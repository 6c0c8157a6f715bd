-- ===== src/Event/Tests.antt =====
-- src/event.c on a small table: descriptors 4 and 5 are registered, and callbacks unregister theirs.
use nacl_proxy.Base.{
  ℕ, ◌-◌, ◌<◌, ◌≡◌, ◌≢◌, refl, ap, true, some, none, pos, minus_one, int_eq, List, [], ◌∷◌, ◌==◌,
  if◌then◌else◌, arith,
}
use nacl_proxy.Errors.{proxy_success, proxy_err}
use nacl_proxy.Event.{
  Mask, no_flags, Manager, max_events, init, choose_slot, event_add, event_modify, event_remove,
  get_idx_from_fd,
}
use nacl_proxy.Event.Index.{At}
use nacl_proxy.Event.Invariant.{
  IsValid, IsOpen, init-IsValid, choose_slot-IsOpen, event_add-IsValid, event_modify-IsValid,
  event_remove-IsValid,
}
use nacl_proxy.Event.Quiet.{Changed, modified}
use nacl_proxy.Event.Registry.{
  view, seen, add, modify, remove, event_add_refines, event_modify_refines, event_remove_refines,
  Call, adds, modifies, removes, run, spec_run, run_refines,
}
use nacl_proxy.Event.Loop.{
  Host, Polled, failed, ready, dispatch, handle_event, event_run_loop, event_teardown,
}
use nacl_proxy.Event.Loop.Dispatch.{
  Ended, Handles, handle_event_lem, dispatch-Ended, Changed-skipped,
}
use nacl_proxy.Event.Loop.Runs.{HostLaws, Sound, event_run_loop-Sound}
use nacl_proxy.Event.Loop.Teardown.{
  clear_from, IsClear, event_teardown-IsClear, event_teardown-state,
}

abbrev readable : Mask
readable = record no_flags { pollin = true }

abbrev Small : Type 0
Small = Manager ℕ ℕ

abbrev one : Small
one = (event_add (pos 4) readable (some 7) (some 1) init).1

one-IsValid : IsValid one
one-IsValid = event_add-IsValid init init-IsValid (pos 4) readable (some 7) (some 1)

abbrev two : Small
two = (event_add (pos 5) readable none (some 2) one).1

two-IsValid : IsValid two
two-IsValid = event_add-IsValid one one-IsValid (pos 5) readable none (some 2)

abbrev calls : List (Call ℕ ℕ)
calls =
    adds (pos 4) readable none (some 3)
    ∷ removes (pos 5)
    ∷ modifies (pos 5) readable
    ∷ removes minus_one
    ∷ []

codes : run two calls ≡ proxy_err ∷ proxy_success ∷ proxy_err ∷ minus_one ∷ []
unfolding run init event_add event_modify event_remove get_idx_from_fd
codes = refl

run_refines_example : run two calls ≡ spec_run (view two) calls
run_refines_example = run_refines calls two two-IsValid

event_add_refines_example :
    seen (event_add (pos 6) readable (some 9) (some 3) two)
    ≡ add (pos 6) readable (some 9) (some 3) (view two)
event_add_refines_example = event_add_refines two two-IsValid (pos 6) readable (some 9) (some 3)

event_modify_refines_example :
    seen (event_modify (pos 5) readable two) ≡ modify (pos 5) readable (view two)
event_modify_refines_example = event_modify_refines two two-IsValid (pos 5) readable

event_remove_refines_example : seen (event_remove (pos 5) two) ≡ remove (pos 5) (view two)
event_remove_refines_example = event_remove_refines two two-IsValid (pos 5)

event_add-IsValid_example : IsValid (event_add (pos 6) readable (some 9) (some 3) two).1
event_add-IsValid_example = event_add-IsValid two two-IsValid (pos 6) readable (some 9) (some 3)

event_modify-IsValid_example : IsValid (event_modify (pos 4) readable two).1
event_modify-IsValid_example = event_modify-IsValid two two-IsValid (pos 4) readable

event_remove-IsValid_example : IsValid (event_remove (pos 4) two).1
event_remove-IsValid_example = event_remove-IsValid two two-IsValid (pos 4)

room : max_events ≢ two.num_events
unfolding init event_add choose_slot get_idx_from_fd
room e = let two_used : two.num_events ≡ 2 = refl in absurd (omega (arith, e, two_used))

choose_slot-IsOpen_example : IsOpen two (choose_slot two).0 (choose_slot two).1
choose_slot-IsOpen_example = choose_slot-IsOpen two two-IsValid room

-- The table, and how many polls are left; each poll finds every descriptor readable.
abbrev host : Host ℕ ℕ (Small × ℕ)
host = record {
  table = λ s. s.0;
  put_table = λ m s. (m, s.1);
  call = λ c efd r d s. (proxy_success, ((event_remove efd s.0).1, s.1));
  poll = λ s. (
    ready 1 (λ i. if int_eq minus_one (s.0.pfds i).fd then no_flags else readable),
    (s.0, s.1 - 1),
  );
  run_flag = λ s. if s.1 == 0 then pos 0 else pos 1;
}

flags_of : Polled → ℕ → Mask
flags_of (failed errno) i = no_flags
flags_of (ready n masks) i = masks i

host_laws : HostLaws host
unfolding flags_of
host_laws = record {
  keeps = λ c efd r d s v. event_remove-IsValid s.0 v efd;
  put_lem = λ m s. refl;
  poll_table = λ s. refl;
  poll_quiet = λ s n masks e i free.
      let same : (if int_eq minus_one (s.0.pfds i).fd then no_flags else readable) ≡ masks i =
        ap (λ p. flags_of p i) e in
      rw (← same, free) refl;
}

event_run_loop-Sound_example : Sound host (event_run_loop host 3 (two, 2))
event_run_loop-Sound_example = event_run_loop-Sound host host_laws 3 (two, 2) two-IsValid

dispatch-Ended_example : Ended host (dispatch host 513 0 (two, 2))
dispatch-Ended_example =
    dispatch-Ended host (HostLaws.keeps host_laws) 513 0 (two, 2) two-IsValid (omega arith)
      (omega arith)

slot-At : At two (pos 5) 1
unfolding init event_add choose_slot get_idx_from_fd
slot-At = record { within = omega arith; here = refl }

handle_event_lem_example : Handles host 1 (two, 2)
handle_event_lem_example = handle_event_lem host 1 (two, 2) two-IsValid slot-At.within

abbrev changed : Small
changed = (event_modify (pos 5) readable two).1

change : Changed two 5 changed
unfolding init event_add event_modify choose_slot get_idx_from_fd
change = modified readable refl

changed-At : At changed (pos 5) 1
unfolding init event_add event_modify choose_slot get_idx_from_fd
changed-At = record { within = omega arith; here = refl }

Changed-skipped_example : handle_event host 1 (changed, 2) ≡ some (proxy_success, (changed, 2))
Changed-skipped_example = Changed-skipped host 1 5 two (changed, 2) two-IsValid change changed-At

event_teardown-IsClear_example :
    ((i : ℕ) → i < two.max_idx → IsClear (event_teardown (λ efd s. efd ∷ s) none two []).0 i)
    × ((event_teardown (λ efd s. efd ∷ s) none two []).0.max_idx ≡ two.max_idx)
    × ((event_teardown (λ efd s. efd ∷ s) none two []).0.num_events ≡ two.num_events)
event_teardown-IsClear_example = event_teardown-IsClear (λ efd s. efd ∷ s) none two []

event_teardown-state_example :
    (event_teardown (λ efd s. efd ∷ s) (some (λ d s. s)) two []).1
    ≡ clear_from (λ efd s. efd ∷ s) (λ d s. s) two.max_idx two.events 0 []
event_teardown-state_example = event_teardown-state (λ efd s. efd ∷ s) (λ d s. s) two []

-- a table in which only descriptor 4 is registered
abbrev pub only_four : {C D : Type 0} → D → C → Manager C D
only_four d callback = (event_add (pos 4) readable (some d) (some callback) init).1

pub only_four-modify :
    {C D : Type 0} (d : D) (callback : C)
    → (event_modify
        (pos 4)
        (record no_flags { pollin = true; pollout = true })
        (event_remove (pos 7) (only_four d callback)).1).0
      ≡ proxy_success
unfolding init event_add event_modify event_remove choose_slot get_idx_from_fd
only_four-modify d callback = refl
====
Reply with only the number of lines in the entries that hold the word "calls".

Exercise result:
5